Routine Thorax | CT Protocols

Routine Thorax | CT protocols
CT- Beginners Tips

CT protocol for Routine Thorax


Screening Infection/Inflammation, Trauma, Masses of Lung pleura and mediastinum staging lymphoma lesions of the chest wall and esophagus Followups

Patient positioning 

Head First Supine with Arms elevated above the Head 

Topogram Position/Landmark

Anteroposterior; 1 inch below the level of the chin to Umbilicus.

Mode of Scanning

Helical with single breath-hold.

Scan Orientation


  • Starting Locations- The imaginary line joining the two costophrenic angles
  • End Location- 1 cm above the Apex of the Lung 

Gantry Tilt


Field of view

Just fitting to the Thoracic Cavity including the soft tissues of the Chest wall.

Contrast Administration

Intravenous oral Air/Positive Contrast for Esophageal Evaluation 

The volume of Contrast

60-100 mL.

Rate of Injection of Contrast

2-2.5 ml/sec

Scan Delay

35-45 sec

Slice Thickness in Reconstruction

3-5 mm

Slice Interval

1.5-2.5 mm

Reconstruction Algorithm/Kernel

Medium smooth sharp for pulmonary parenchyma and  Bone


  • MPR,
  • MIP,
  • VRT if needed 


Noncontrast Scans should be taken in the region of interest or lesion detected on Chest radiography or Topogram.
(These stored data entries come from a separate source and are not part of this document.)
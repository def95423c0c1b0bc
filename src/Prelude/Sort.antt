-- ===== src/Prelude/Sort.antt =====
-- `sort.Slice` by a test `less`. Go's sort is not stable; the laws below, which are all that the
-- other files use, hold of every sort that puts its input in order.
use mathlib.Core.List.{Perm}
use mathlib.Core.List.Perm
use aldea.Prelude.{
  ◌++◌, All-split, ◌≡◌, refl, Bool, true, false, List, [], ◌∷◌, arith, if◌then◌else◌, All,
  All-map_pred, length, ◌+◌, Bool-cases, inl, inr,
}

module _ {ℓ} {A : Type ℓ} (less : A → A → Bool) where
  unfoldable pub insert_by : A → List A → List A
  insert_by x [] = x ∷ []
  insert_by x (y ∷ ys) = if less x y then x ∷ y ∷ ys else y ∷ insert_by x ys

  unfoldable pub sort_slice : List A → List A
  unfolding insert_by
  sort_slice [] = []
  sort_slice (x ∷ xs) = insert_by x (sort_slice xs)

  -- No later element is less than an earlier one.
  abbrev pub IsSorted : List A → Type ℓ
  IsSorted [] = Unit
  IsSorted (x ∷ xs) = All (λ y. less y x ≡ false) xs × IsSorted xs

  insert_by-perm : (x : A) (ys : List A) → Perm (insert_by x ys) (x ∷ ys)
  unfolding insert_by
  insert_by-perm x [] = Perm.rfl
  insert_by-perm x (y ∷ ys) = elim (Bool-cases (less x y)) [
    | inl e ↦ rw e Perm.rfl
    | inr e ↦ rw e (Perm.trans (Perm.cons y (insert_by-perm x ys)) (Perm.swap x y ys))
  ]

  pub sort_slice-perm : (xs : List A) → Perm (sort_slice xs) xs
  unfolding sort_slice
  sort_slice-perm [] = Perm.rfl
  sort_slice-perm (x ∷ xs) =
      Perm.trans (insert_by-perm x (sort_slice xs)) (Perm.cons x (sort_slice-perm xs))

  length-insert_by : (x : A) (ys : List A) → length (insert_by x ys) ≡ length ys + 1
  unfolding insert_by
  length-insert_by x [] = omega arith
  length-insert_by x (y ∷ ys) = ground (arith, length-insert_by x ys)

  pub length-sort_slice : (xs : List A) → length (sort_slice xs) ≡ length xs
  unfolding sort_slice
  length-sort_slice [] = refl
  length-sort_slice (x ∷ xs) =
      omega (arith, length-insert_by x (sort_slice xs), length-sort_slice xs)

  module _ {κ} (P : A → Type κ) where
    insert_by-All : (x : A) (ys : List A) → P x → All P ys → All P (insert_by x ys)
    unfolding insert_by
    insert_by-All x [] h k = (h, tt)
    insert_by-All x (y ∷ ys) h k = ground (arith, insert_by-All x ys h k.1)

    pub sort_slice-All : (xs : List A) → All P xs → All P (sort_slice xs)
    unfolding sort_slice
    sort_slice-All [] h = tt
    sort_slice-All (x ∷ xs) h = insert_by-All x (sort_slice xs) h.0 (sort_slice-All xs h.1)

  -- What `sort.Slice` asks of `less`: a strict weak order.
  pub record IsOrder : Type ℓ where
    pub asym : (a b : A) → less a b ≡ true → less b a ≡ false
    pub trans : (a b c : A) → less b a ≡ false → less c b ≡ false → less c a ≡ false

  module _ (o : IsOrder) where
    insert_by-IsSorted : (x : A) (ys : List A) → IsSorted ys → IsSorted (insert_by x ys)
    unfolding insert_by
    insert_by-IsSorted x [] h = (tt, tt)
    insert_by-IsSorted x (y ∷ ys) h = elim (Bool-cases (less x y)) [
      | inl e ↦
          rw e ((o.asym x y e, All-map_pred _ (λ z k. o.trans x y z (o.asym x y e) k) ys h.0), h)
      | inr e ↦ rw e (insert_by-All _ x ys e h.0, insert_by-IsSorted x ys h.1)
    ]

    pub sort_slice-IsSorted : (xs : List A) → IsSorted (sort_slice xs)
    unfolding sort_slice
    sort_slice-IsSorted [] = tt
    sort_slice-IsSorted (x ∷ xs) = insert_by-IsSorted x (sort_slice xs) (sort_slice-IsSorted xs)

  -- In a sorted list, nothing behind a cut is less than what stands before it.
  pub IsSorted-split :
      (xs ys : List A)
      → IsSorted (xs ++ ys)
      → IsSorted xs × All (λ x. All (λ y. less y x ≡ false) ys) xs
  IsSorted-split [] ys s = (tt, tt)
  IsSorted-split (x ∷ xs) ys s =
      let (k, m) = IsSorted-split xs ys s.1 in
      let (h, t) = All-split _ xs ys s.0 in ((h, k), (t, m))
When scanning the chest and Abdomen in a single examination Abdomen protocol should be followed 

Scanned Volume should be extended to the level of Adrenals in suspected Bronchogenic  Cancers and to the level of the Celiac axis in the Carcinoma  Esophagus.

Additional Prone and Decubitus Scans should be taken through the region of interest in cases of Cavitary Lesions to demonstrate the mobility of its contents.

Criteria of Good Image Quality 

Absence of motion artefacts and Respiratory misregistration.